Report how many lines below contain the word "constructs". Give only the number.

Content starts

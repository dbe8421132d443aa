-- ===== src/Callback.antt =====
-- `PersistAndCallbackManager` (src/PersistAndCallbackManager.h, src/PersistAndCallbackManager.cpp):
-- the reports on the program, saved to the status file and posted to the callback API. The JSON
-- library and the HTTP requests are parameters: how objects are built and printed, and which attempts
-- to post succeed.
pub mod Retry
pub mod Report
pub mod Post
use Prim.Native.String.{String}
use Prim.Native.String as Texts
use mathlib.Core.Option
use text.Mathlib.Text.{◌==◌}
use ml_gridengine_executor.Base.{
  ℕ, zero, suc, ◌+◌, ◌%◌, ◌^◌, List, [], ◌∷◌, ◌++◌, Bool, true, false, not, ◌||◌, ◌&&◌, Option,
  none, some, ltb, leb, if◌then◌else◌, ◌>>=◌, ℤ, pos,
}
use ml_gridengine_executor.Result.{Result, ok, throws, fault, file_error}
use ml_gridengine_executor.ProgramExecutor.{
  ProgramExecutor, not_started, running, exited, signalled, cannot_kill, exit_code, exit_signal,
}

-- A sum of two `unsigned int`.
unfoldable pub add32 : ℕ → ℕ → ℕ
add32 a b = (a + b) % 2 ^ 32

-- What a call does: it writes the status file, posts a document, or sleeps for some seconds.
pub data Action : Type 0 where
  saves : String → String → Action
  posts : String → Action
  sleeps : ℕ → Action

pub record Manager : Type 0 where
  pub max_retry : ℕ
  pub status_file : String
  pub uri : String
  pub host_name : String
  pub port : ℤ
  pub last_posted : String → Option String

-- The constructor. `retry` is what ML_GRIDENGINE_CALLBACK_MAX_RETRY is parsed to, if it is set and is an
-- unsigned number; `_maxRetry` is kept as the `unsigned int` that the loop compares with.
unfoldable pub new_manager : String → String → Option ℕ → Manager
new_manager status_file uri retry = record {
  max_retry = elim retry [ none ↦ 5 | some n ↦ n ];
  status_file = status_file;
  uri = uri;
  host_name = "";
  port = pos 0;
  last_posted = λ tag. none;
}

-- `enabled()`
unfoldable pub enabled : Manager → Bool
enabled m = not (m.status_file == "") || not (m.uri == "")

-- The loop of `_postEvent` from `i` on, with the times to sleep; `none` means that the fuel ran out.
unfoldable pub post_loop : (ℕ → Bool) → ℕ → String → ℕ → ℕ → ℕ → ℕ → Option (List Action)
post_loop succeeds max_retry doc zero i sleep_time next_sleep_time = none
post_loop succeeds max_retry doc (suc fuel) i sleep_time next_sleep_time =
    let again = ltb i max_retry in
    let rest =
      post_loop succeeds max_retry doc fuel (add32 i 1)
        (if again then next_sleep_time else sleep_time)
        (if again then add32 sleep_time next_sleep_time else next_sleep_time) in
    if leb i max_retry
    then (if succeeds i
        then some (posts doc ∷ [])
        else Option.map
            (λ more. posts doc ∷ ((if again then sleeps sleep_time ∷ [] else []) ++ more)) rest)
    else some []

-- Whether `fileGenerated` has something new to post.
unfoldable pub is_new : Option String → String → Bool
is_new none doc = true
is_new (some last) doc = not (last == doc)

-- A call that ends with more than its own actions.
abbrev pub map_ended {ℓ κ} :
    {A : Type ℓ} {B : Type κ} → (A → B) → Result (Option A) → Result (Option B)
map_ended f (ok o) = ok (Option.map f o)
map_ended f (throws e) = throws e
map_ended f fault = fault

module _ {ℓ} {Json : Type ℓ} (object : List (String × Json) → Json) (text : String → Json)
    (number : ℤ → Json) (to_string : Json → String) where
  -- `_postEvent(eventType, doc)`
  unfoldable pub post_event : (ℕ → Bool) → Manager → String → Json → Option (List Action)
  unfolding post_loop
  post_event succeeds m event_type doc =
      if m.uri == ""
      then some []
      else post_loop succeeds m.max_retry
          (to_string (object (("eventType", text event_type) ∷ ("data", doc) ∷ [])))
          (suc (suc m.max_retry)) 0 5 8

  -- The end of `programStarted` and of `programFinished`. A status file that cannot be opened makes
  -- `saveFile` throw, before anything is posted.
  unfoldable pub update_status : Bool → (ℕ → Bool) → Manager → Json → Result (Option (List Action))
  unfolding post_event
  update_status opens succeeds m doc =
      if not (m.status_file == "") && not opens
      then throws file_error
      else ok (
          post_event succeeds m "statusUpdated" doc >>= λ posted. some (
            (if m.status_file == "" then [] else saves m.status_file (to_string doc) ∷ [])
            ++ posted))

  -- `programStarted(hostName, port)`
  unfoldable pub program_started :
      Bool → (ℕ → Bool) → Manager → String → ℤ → Result (Option (List Action × Manager))
  unfolding update_status
  program_started opens succeeds m host_name port =
      map_ended (λ actions. (actions, record m { host_name = host_name; port = port }))
        (update_status opens succeeds m (
          object (
            ("executor.hostname", text host_name)
            ∷ ("executor.port", number port)
            ∷ ("status", text "RUNNING")
            ∷ [])))

  -- The part of the document of `programFinished` that depends on the program's status.
  unfoldable pub status_fields : ProgramExecutor → List (String × Json)
  status_fields e = elim e.status [
    | exited ↦ ("status", text "EXITED") ∷ ("exitCode", number (exit_code e)) ∷ []
    | signalled ↦ ("status", text "SIGNALLED") ∷ ("exitSignal", number (exit_signal e)) ∷ []
    | cannot_kill ↦ ("status", text "CANNOT_KILL") ∷ []
    | running ↦ []
    | not_started ↦ []
  ]

  -- `programFinished(executor, workDirSize)`
  unfoldable pub program_finished :
      Bool → (ℕ → Bool) → Manager → ProgramExecutor → ℤ → Result (Option (List Action))
  unfolding update_status status_fields
  program_finished opens succeeds m e work_dir_size = update_status opens succeeds m (
      object (
        ("executor.hostname", text m.host_name)
        ∷ ("executor.port", number m.port)
        ∷ ("workDirSize", number work_dir_size)
        ∷ status_fields e))

  -- `fileGenerated(fileTag, jsonObject)`
  unfoldable pub file_generated :
      (ℕ → Bool) → Manager → String → Json → Option (List Action × Manager)
  unfolding post_event is_new
  file_generated succeeds m tag doc =
      if m.uri == ""
      then some ([], m)
      else if is_new (m.last_posted tag) (to_string doc)
      then (post_event succeeds m (Texts.◌++◌ "fileGenerated:" tag) doc >>= λ actions. some (
        actions,
        record m {
          last_posted = λ other. if other == tag then some (to_string doc) else m.last_posted other;
        },
      ))
      else some ([], m)
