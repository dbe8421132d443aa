-- ===== src/Tests/ExecutorRuns.antt =====
-- Runs of the parts around the buffer and the program: the IO thread (src/IOController.cpp), the saving
-- of the output (src/main.cpp), the callbacks (src/PersistAndCallbackManager.cpp), the web server
-- (src/WebServerFactory.cpp), the signal handlers (src/SignalHandler.cpp), and the size of a directory
-- (src/Utils.cpp).
use Prim.Native.String.{String}
use Prim.Native.String as Texts
use ml_gridengine_executor.Base.{
  ◌⊎◌, ◌≢◌, ◌++◌, ℕ, ◌≡◌, refl, arith, List, [], ◌∷◌, Bool, true, false, none, some, ◌==◌, ℤ, pos,
  negsuc,
}
use ml_gridengine_executor.Heap.{list_heap}
use ml_gridengine_executor.OutputBuffer.{OutputBuffer}
use ml_gridengine_executor.OutputBuffer.Spec.{Keeps}
use ml_gridengine_executor.SaveOutput.{discarded, save_loop}
use ml_gridengine_executor.SaveOutput.Loop.{save_loop-take_last}
use ml_gridengine_executor.ProgramExecutor.{ProgramExecutor}
use ml_gridengine_executor.Callback.{Action, Manager, posts, sleeps, post_event, file_generated}
use ml_gridengine_executor.Callback.Retry.{post_event-attempts}
use ml_gridengine_executor.Callback.Report.{file_generated-posting, remembering}
use ml_gridengine_executor.WebServer.{KillReply, handle_kill}
use ml_gridengine_executor.WebServer.Kill.{Answered, handle_kill-Answered}
use ml_gridengine_executor.Signals.{initial, Event, constructs, destroys, receives}
use ml_gridengine_executor.Signals.Notify.{Leaves, run-Leaves}
use ml_gridengine_executor.DirSize.{
  plain, directory, link, unreadable, no_more, entry, calculate_dir_size,
}
use ml_gridengine_executor.DirSize.Sum.{total, calculate_dir_size-total}
use ml_gridengine_executor.Tests.{full, full-Keeps, six}
use ml_gridengine_executor.Watcher.{start, stop, destroy_watcher, deliver}
use ml_gridengine_executor.Watcher.Deliver.{deliver-last_content}
use ml_gridengine_executor.Tests.ProgramRuns.{shell, still, ends}

abbrev full_closed : OutputBuffer list_heap
full_closed = record full { is_closed = true }

full_closed-Keeps : Keeps full_closed.ring six
full_closed-Keeps = full-Keeps

save_loop-take_last_example :
    (save_loop list_heap 7 full_closed 3 0 ≡ some (1 ∷ 2 ∷ 3 ∷ 4 ∷ []))
    × (discarded full_closed ≡ some 2)
save_loop-take_last_example =
    save_loop-take_last list_heap full_closed six 3 full_closed-Keeps refl (omega arith)

handle_kill-Answered_example :
    (reply : KillReply) × (e' : ProgramExecutor) × (handle_kill
        (pos 20)
        (pos 30)
        (pos 60)
        still
        still
        ends
        shell
      ≡ some (reply, e'))
    × Answered reply e'
handle_kill-Answered_example =
    handle_kill-Answered (pos 20) (pos 30) (pos 60) still still ends shell refl refl refl refl

-- The JSON library, printing nothing but texts.
abbrev pub print : List (String × String) → String
print [] = ""
print ((key, value) ∷ rest) = Texts.◌++◌ value (print rest)

abbrev pub number : ℤ → String
number (pos n) = "n"
number (negsuc n) = "-n"

abbrev pub manager : Manager
manager = record {
  max_retry = 5;
  status_file = "status.json";
  uri = "http://localhost/";
  host_name = "host";
  port = pos 80;
  last_posted = λ _. none;
}

-- The third attempt succeeds.
abbrev third : ℕ → Bool
third n = n == 2

post_event-attempts_example :
    post_event print (λ s. s) number (λ s. s) third manager "statusUpdated" "{}"
    ≡ some (
        posts "statusUpdated{}"
        ∷ sleeps 5
        ∷ posts "statusUpdated{}"
        ∷ sleeps 8
        ∷ posts "statusUpdated{}"
        ∷ [])
post_event-attempts_example =
    post_event-attempts print (λ s. s) number (λ s. s) third manager "statusUpdated" "{}"
      (omega arith)

file_generated-posting_example :
    (((manager.uri ≡ "") ⊎ (manager.last_posted "result" ≡ some "{}"))
      → file_generated print (λ s. s) number (λ s. s) (λ _. true) manager "result" "{}"
        ≡ some ([], manager))
    × (manager.uri ≢ ""
        → manager.last_posted "result" ≢ some "{}"
        → file_generated print (λ s. s) number (λ s. s) (λ _. true) manager "result" "{}"
          ≡ some (posts "fileGenerated:result{}" ∷ [], remembering manager "result" "{}"))
file_generated-posting_example =
    file_generated-posting print (λ s. s) number (λ s. s) (λ _. true) manager (omega arith) "result"
      "{}"

abbrev scope : List Event
scope = constructs 1 ∷ constructs 2 ∷ receives 15 ∷ destroys ∷ destroys ∷ []

run-Leaves_example : Leaves scope initial []
run-Leaves_example = run-Leaves scope initial refl refl

calculate_dir_size-total_example :
    calculate_dir_size
      (λ _. false)
      true
      (directory
        (some 4096)
        (entry (plain (some 10)) (entry unreadable (entry (link (plain (some 5))) no_more))))
    ≡ some 4111
unfolding total
calculate_dir_size-total_example =
    calculate_dir_size-total (λ _. false) (λ _. refl)
      (directory (some 4096)
        (entry (plain (some 10)) (entry unreadable (entry (link (plain (some 5))) no_more))))
      (omega arith)

deliver-last_content_example :
    (actions : List Action) × (m' : Manager) × (deliver print
        (λ s. s)
        number
        (λ s. s)
        (λ n i. true)
        0
        (("result", "{1}") ∷ ("config", "{}") ∷ ("result", "{2}") ∷ [])
        manager
      ≡ some (actions, m'))
    × (m'.last_posted "result" ≡ some "{2}")
deliver-last_content_example =
    deliver-last_content print (λ s. s) number (λ s. s) (λ n i. true) 0 "result"
      (("result", "{1}") ∷ ("config", "{}") ∷ ("result", "{2}") ∷ []) manager (omega arith) refl

-- A watcher that is installed is deleted once, by `stop` and not again by the destructor.
stops_once : (stop (start 7 none)).0 ++ (destroy_watcher (stop (start 7 none)).1).0 ≡ 7 ∷ []
unfolding start stop destroy_watcher
stops_once = refl
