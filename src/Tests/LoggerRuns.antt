-- ===== src/Tests/LoggerRuns.antt =====
-- A run of code that logs in a scope (src/Logger.cpp).
use ml_gridengine_executor.Base.{◌≡◌, refl, [], ◌∷◌, none, some}
use ml_gridengine_executor.Loggers.{Code, ends, logs, scoped, run}
use ml_gridengine_executor.Loggers.Scopes.{run-routed}

abbrev nested : Code
nested = logs ("INFO", "a") (scoped (some 7) (logs ("WARN", "b") ends) (logs ("ERROR", "c") ends))

run-routed_example :
    run nested (some 1)
    ≡ some ((1, ("INFO", "a")) ∷ (7, ("WARN", "b")) ∷ (1, ("ERROR", "c")) ∷ [], some 1)
run-routed_example = run-routed nested 1 (tt, tt)

-- With a null pointer for the root logger, as `setRootLogger(NULL)` leaves it, logging faults.
nothing_logged : run (scoped none (logs ("INFO", "a") ends) ends) (some 1) ≡ none
unfolding run
nothing_logged = refl
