-- ===== src/Tests/OptionRuns.antt =====
-- Runs of the options, and of the environments they set (src/BaseApp.cpp, src/ProgramExecutor.cpp, src/main.cpp).
use Prim.Native.String.{String}
use ml_gridengine_executor.Base.{
  ℕ, ◌*◌, ◌-◌, ◌^◌, ◌≡◌, ◌≤◌, refl, arith, List, [], ◌∷◌, true, false, none, some, pos, take,
}
use ml_gridengine_executor.Result.{ok}
use ml_gridengine_executor.Environ.{Environ, get}
use ml_gridengine_executor.ProgramExecutor.{ProgramExecutor, sigint, sigkill, wait_in_background}
use ml_gridengine_executor.ProgramExecutor.Kill.{is_final, addressed}
use ml_gridengine_executor.ProgramExecutor.Child.{child_variables, child_variables-or_else}
use ml_gridengine_executor.ProgramExecutor.Stop.{destroy}
use ml_gridengine_executor.ProgramExecutor.Stop.Ends.{destroy-Ends}
use ml_gridengine_executor.Callback.{post_loop}
use ml_gridengine_executor.Callback.Retry.{post_loop_forever}
use ml_gridengine_executor.Options.{Settings, defaults, Parsers, configure}
use ml_gridengine_executor.Options.Laws.{env_options, configure-last_value}
use ml_gridengine_executor.App.After.{after_environ}
use ml_gridengine_executor.App.After.Variables.{after_environ_exit}
use ml_gridengine_executor.Tests.ProgramRuns.{shell, still, ends}

abbrev pub parsers : Parsers
parsers = record {
  parse = λ s. none;
  parse_float = λ s. none;
  match_size = λ s. none;
  to_upper = λ s. s;
}

abbrev pairs : List (String × String)
pairs = ("A", "1=2") ∷ ("B", "") ∷ ("A", "3") ∷ []

configure-last_value_example :
    (s' : Settings) × (configure parsers (λ pattern text. true) (env_options pairs) defaults
      ≡ ok s')
    × (get "A" s'.environ ≡ some "3")
unfolding get
configure-last_value_example =
    configure-last_value parsers (λ pattern text. true) pairs defaults "A" refl
      ((refl, refl, (refl, refl, (refl, refl, tt))))

abbrev environ : Environ
environ = ("HOME", "/work") ∷ []

child_variables-or_else_example :
    child_variables environ (λ name. some "own") "PYTHONUNBUFFERED" ≡ some "own"
unfolding get
child_variables-or_else_example =
    child_variables-or_else environ (λ name. some "own") "PYTHONUNBUFFERED" (refl, tt)

destroy-Ends_example :
    (n : ℕ) × (e' : ProgramExecutor) × (destroy
        (λ s. none)
        (λ name. some "soon")
        (record { first = still; second = still; final = ends })
        shell
      ≡ some (take n (addressed (pos 42) (sigint ∷ sigint ∷ sigkill ∷ [])), e'))
    × (is_final e'.status ≡ true)
    × (1 ≤ n)
destroy-Ends_example =
    destroy-Ends (λ s. none) (λ name. some "soon")
      (record { first = still; second = still; final = ends }) shell (λ key seconds e. cc e) refl

after_environ_exit_example :
    get "ML_GRIDENGINE_PROGRAM_EXIT_CODE"
      (after_environ (λ z. "3") defaults (wait_in_background shell (some (3 * 256))).0)
    ≡ some "3"
after_environ_exit_example =
    after_environ_exit (λ z. "3") defaults shell 3 "ML_GRIDENGINE_PROGRAM_EXIT_CODE" (omega arith)

post_loop_forever_example : post_loop (λ n. false) (2 ^ 32 - 1) "{}" 100 7 5 8 ≡ none
post_loop_forever_example = post_loop_forever (λ n. false) "{}" 100 7 5 8 (λ n. refl) (omega arith)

Content ends

**Expected output**
2